On the very first page of his chapter on asteroid origins, Dr. Brown has posted a photograph of asteroid Ida, taken in 1993 by the Galileo spacecraft.  That image shows Ida to have a mile-wide moon, orbiting about 60 miles away from Ida (the moon was then named Dactyl).  In his discussion of Ida and Dactyl, and asteroid binaries in general, Dr. Brown writes:
Asteroid Ida and Its Moon, Dactyl. In 1993, the Galileo spacecraft, heading toward Jupiter, took this picture 2,000 miles from asteroid Ida. To the surprise of most, Ida had a moon (about 1 mile in diameter) orbiting 60 miles away! Both Ida and Dactyl are composed of earthlike rock. We now know at least 200 other asteroids have moons; nine asteroids have two moons.1 According to the laws of orbital mechanics (described in the preceding chapter), capturing a moon in space is unbelievably difficult—unless both the asteroid and a nearby potential moon had very similar speeds and directions and unless gases surrounded the asteroid during capture. If so, the asteroid, its moon, and each gas molecule were probably coming from the same place and were launched about the same time. Within a million years, passing bodies would have stripped the moons away, so these asteroid-moon captures must have been recent. 
From a distance, large asteroids look like big rocks. However, many show, by their low density, that they contain either much empty space or something light, such as water ice.2 Also, the best close-up pictures of an asteroid show millions of smaller rocks on its surface. Therefore, asteroids are flying rock piles held together by gravity. Ida, about 35 miles long, does not have enough gravity to squeeze itself into a spherical shape.
These are important issues surrounding the question of asteroids with moons.  The point about the moons being stripped away after a million years (or less) is very important, especially since most proponents of the conventional "failed-planet theory" believe that the asteroids are leftovers from a very early period in our solar system's history.  Elsewhere in the chapter, Dr. Brown also points out that tidal effects (which he describes in the "Technical Notes" section of his book) would "limit the lifetime of the moons of asteroids to about 100,000 years."  

For some reason, the recent articles proclaiming the discovery of the moon orbiting Asteroid 1998 QE2 do not seem to mention these problems.

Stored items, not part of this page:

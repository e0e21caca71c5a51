-- ===== src/Api/Route/Reached.antt =====
-- internal/api/v1.go: which requests reach a handler that changes something.
use gsm_system.Base.{
  ◌≡◌, refl, ◌⊎◌, inl, inr, Bool, true, false, ◌||◌, [], ◌∷◌, List, any, if◌then◌else◌, Bool-cases,
}
use gsm_system.Base.Text.{Text, codes, is_empty, contains}
use gsm_system.Gsm.Params.{valid_imsi}
use gsm_system.Gsm.Presets.{valid_preset_id}
use gsm_system.Api.Cell.{Code}
use gsm_system.Api.Route.{
  Method, get, post, put, patch, delete, other, same_method, Handler, Routed, handled, refused,
  not_allowed, allow, require_no_query, checked, only_get, get_or_write, cell_handler,
  presets_handler, config_handler, preset_handler, number_handler, Resource, serve_at, resource_in,
  fixed_paths, serve_v1,
}

-- The handlers that change the cell, the stores, the rules, or send a message.
abbrev pub changes_state : Handler → Bool
changes_state Handler.cell_start = true
changes_state Handler.cell_stop = true
changes_state Handler.preset_create = true
changes_state (Handler.preset_update _) = true
changes_state (Handler.preset_delete _) = true
changes_state Handler.config_patch = true
changes_state (Handler.subscriber_bind _) = true
changes_state (Handler.subscriber_unbind _) = true
changes_state Handler.sms_send = true
changes_state Handler.network_put = true
changes_state _ = false

-- The identifier that a handler is given.
abbrev pub names_valid : Handler → Bool
names_valid (Handler.preset_get id) = valid_preset_id id
names_valid (Handler.preset_update id) = valid_preset_id id
names_valid (Handler.preset_delete id) = valid_preset_id id
names_valid (Handler.subscriber_get imsi) = valid_imsi imsi
names_valid (Handler.subscriber_bind imsi) = valid_imsi imsi
names_valid (Handler.subscriber_unbind imsi) = valid_imsi imsi
names_valid _ = true

abbrev pub is_get : Method → Bool
is_get get = true
is_get _ = false

abbrev pub IsCareful : Method → Bool → Handler → Type 0
IsCareful m no_query h =
    ((changes_state h ≡ false) ⊎ ((is_get m ≡ false) × (no_query ≡ true))) × (names_valid h ≡ true)

abbrev pub OnHandled : (Handler → Type 0) → Routed → Type 0
OnHandled P (handled h) = P h
OnHandled P (refused c) = Unit
OnHandled P (not_allowed ms) = Unit

-- `allow`, `requireNoQuery` and a check pass on what holds behind them.
module _ (P : Handler → Type 0) where
  OnHandled-allow :
      (m : Method) (ms : List Method) (r : Routed) → OnHandled P r → OnHandled P (allow m ms r)
  OnHandled-allow m ms r h = elim (Bool-cases (any (same_method m) ms)) [
    | inl e ↦ rw e h
    | inr e ↦ rw e tt
  ]

  OnHandled-no_query :
      (q : Bool) (r : Routed) → (q ≡ true → OnHandled P r) → OnHandled P (require_no_query q r)
  OnHandled-no_query true r f = f refl
  OnHandled-no_query false r f = tt

  pub OnHandled-checked :
      (b : Bool) (r : Routed) → (b ≡ true → OnHandled P r) → OnHandled P (checked b r)
  OnHandled-checked true r f = f refl
  OnHandled-checked false r f = tt

  pub OnHandled-unless :
      (b : Bool) (r : Routed) → OnHandled P r → OnHandled P (if b then refused Code.unknown else r)
  OnHandled-unless true r h = tt
  OnHandled-unless false r h = h

cell-IsCareful : (m : Method) (q : Bool) → q ≡ true → IsCareful m q (cell_handler m)
cell-IsCareful get q e = (inl refl, refl)
cell-IsCareful post q e = (inr (refl, e), refl)
cell-IsCareful put q e = (inl refl, refl)
cell-IsCareful patch q e = (inl refl, refl)
cell-IsCareful delete q e = (inr (refl, e), refl)
cell-IsCareful other q e = (inl refl, refl)

presets-IsCareful : (m : Method) (q : Bool) → q ≡ true → IsCareful m q (presets_handler m)
presets-IsCareful get q e = (inl refl, refl)
presets-IsCareful post q e = (inr (refl, e), refl)
presets-IsCareful put q e = (inr (refl, e), refl)
presets-IsCareful patch q e = (inr (refl, e), refl)
presets-IsCareful delete q e = (inr (refl, e), refl)
presets-IsCareful other q e = (inr (refl, e), refl)

config-IsCareful : (m : Method) (q : Bool) → q ≡ true → IsCareful m q (config_handler m)
config-IsCareful get q e = (inl refl, refl)
config-IsCareful post q e = (inr (refl, e), refl)
config-IsCareful put q e = (inr (refl, e), refl)
config-IsCareful patch q e = (inr (refl, e), refl)
config-IsCareful delete q e = (inr (refl, e), refl)
config-IsCareful other q e = (inr (refl, e), refl)

preset-IsCareful :
    (id : Text) (m : Method) (q : Bool)
    → q ≡ true
    → valid_preset_id id ≡ true
    → IsCareful m q (preset_handler id m)
preset-IsCareful id get q e v = (inl refl, v)
preset-IsCareful id post q e v = (inl refl, v)
preset-IsCareful id put q e v = (inr (refl, e), v)
preset-IsCareful id patch q e v = (inl refl, v)
preset-IsCareful id delete q e v = (inr (refl, e), v)
preset-IsCareful id other q e v = (inl refl, v)

-- Behind `allow` the method is PUT or DELETE.
number-OnHandled :
    (imsi : Text) (m : Method) (q v : Bool)
    → valid_imsi imsi ≡ v
    → OnHandled (IsCareful m q) (
        allow m
          (put ∷ delete ∷ [])
          (require_no_query q (checked v (handled (number_handler imsi m)))))
number-OnHandled imsi get q v e = tt
number-OnHandled imsi post q v e = tt
number-OnHandled imsi patch q v e = tt
number-OnHandled imsi other q v e = tt
number-OnHandled imsi put true true e = (inr (refl, refl), e)
number-OnHandled imsi put true false e = tt
number-OnHandled imsi put false v e = tt
number-OnHandled imsi delete true true e = (inr (refl, refl), e)
number-OnHandled imsi delete true false e = tt
number-OnHandled imsi delete false v e = tt

-- A read that takes query parameters, and a write that takes none.
get_or_write-OnHandled :
    (m : Method) (q : Bool) (read write : Handler)
    → changes_state read ≡ false
    → names_valid read ≡ true
    → names_valid write ≡ true
    → OnHandled (IsCareful m q) (get_or_write m q read write)
get_or_write-OnHandled get q read write s n w = (inl s, n)
get_or_write-OnHandled post true read write s n w = (inr (refl, refl), w)
get_or_write-OnHandled put true read write s n w = (inr (refl, refl), w)
get_or_write-OnHandled patch true read write s n w = (inr (refl, refl), w)
get_or_write-OnHandled delete true read write s n w = (inr (refl, refl), w)
get_or_write-OnHandled other true read write s n w = (inr (refl, refl), w)
get_or_write-OnHandled post false read write s n w = tt
get_or_write-OnHandled put false read write s n w = tt
get_or_write-OnHandled patch false read write s n w = tt
get_or_write-OnHandled delete false read write s n w = tt
get_or_write-OnHandled other false read write s n w = tt

serve_at-IsCareful :
    (m : Method) (q : Bool) (r : Resource) → OnHandled (IsCareful m q) (serve_at m q r)
unfolding serve_at
serve_at-IsCareful m q r = by_resource r
  where
    P : Handler → Type 0
    P = IsCareful m q

    reads :
        (h : Handler)
        → changes_state h ≡ false
        → names_valid h ≡ true
        → OnHandled P (only_get m q h)
    reads h s n =
        OnHandled-allow P m (get ∷ []) (require_no_query q (handled h))
          (OnHandled-no_query P q (handled h) (λ _. (inl s, n)))

    by_resource : (r : Resource) → OnHandled P (serve_at m q r)
    by_resource Resource.nothing = tt
    by_resource Resource.cell =
        OnHandled-allow P m (get ∷ post ∷ delete ∷ [])
          (require_no_query q (handled (cell_handler m)))
          (OnHandled-no_query P q (handled (cell_handler m)) (cell-IsCareful m q))
    by_resource Resource.presets =
        OnHandled-allow P m (get ∷ post ∷ []) (require_no_query q (handled (presets_handler m)))
          (OnHandled-no_query P q (handled (presets_handler m)) (presets-IsCareful m q))
    by_resource Resource.config =
        OnHandled-allow P m (get ∷ patch ∷ []) (require_no_query q (handled (config_handler m)))
          (OnHandled-no_query P q (handled (config_handler m)) (config-IsCareful m q))
    by_resource Resource.profile = reads Handler.profile_get refl refl
    by_resource Resource.health_check = reads Handler.health refl refl
    by_resource Resource.connection_list =
        OnHandled-allow P m (get ∷ []) (handled Handler.connections) (inl refl, refl)
    by_resource Resource.subscribers =
        OnHandled-allow P m (get ∷ []) (handled Handler.subscriber_list) (inl refl, refl)
    by_resource Resource.active_calls =
        OnHandled-allow P m (get ∷ []) (handled Handler.calls) (inl refl, refl)
    by_resource Resource.history =
        OnHandled-allow P m (get ∷ []) (handled Handler.call_history) (inl refl, refl)
    by_resource Resource.messages =
        OnHandled-allow P m (get ∷ post ∷ []) (get_or_write m q Handler.sms_list Handler.sms_send)
          (get_or_write-OnHandled m q Handler.sms_list Handler.sms_send refl refl refl)
    by_resource Resource.network =
        OnHandled-allow P m (get ∷ put ∷ [])
          (get_or_write m q Handler.network_get Handler.network_put)
          (get_or_write-OnHandled m q Handler.network_get Handler.network_put refl refl refl)
    by_resource (Resource.preset id) =
        OnHandled-unless P (is_empty id || contains id (codes "/"))
          (checked (valid_preset_id id) (
            allow m (get ∷ put ∷ delete ∷ []) (require_no_query q (handled (preset_handler id m)))))
          (OnHandled-checked P (valid_preset_id id)
            (allow m (get ∷ put ∷ delete ∷ []) (require_no_query q (handled (preset_handler id m))))
            (λ v.
              OnHandled-allow P m (get ∷ put ∷ delete ∷ [])
                (require_no_query q (handled (preset_handler id m)))
                (OnHandled-no_query P q (handled (preset_handler id m))
                  (λ e. preset-IsCareful id m q e v))))
    by_resource (Resource.subscriber imsi) =
        OnHandled-allow P m (get ∷ [])
          (require_no_query q (checked (valid_imsi imsi) (handled (Handler.subscriber_get imsi))))
          (OnHandled-no_query P q
            (checked (valid_imsi imsi) (handled (Handler.subscriber_get imsi)))
            (λ _.
              OnHandled-checked P (valid_imsi imsi) (handled (Handler.subscriber_get imsi))
                (λ v. (inl refl, v))))
    by_resource (Resource.subscriber_number imsi) = number-OnHandled imsi m q (valid_imsi imsi) refl

-- On every path: a request reaches a handler that changes something only with a method other than
-- GET and without a query, and a handler of one preset or one subscriber is given a valid
-- identifier or IMSI.
pub serve_v1-IsCareful :
    (m : Method) (path : Text) (no_query : Bool)
    → OnHandled (IsCareful m no_query) (serve_v1 m path no_query)
unfolding serve_v1
serve_v1-IsCareful m path no_query = serve_at-IsCareful m no_query (resource_in fixed_paths path)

The discovery this week of the moon orbiting QE2 is just another example of the wide array of evidence that the hydroplate theory can explain but which conventional theories have serious problems explaining.  It is interesting to consider that, since the moon around QE2 was only discovered on May 29 of this year, Dr. Brown could not have known about its existence when he wrote his book.  

The existence of another binary asteroid, however, is not as surprising to those who know about the hydroplate theory as it should be to those who do not.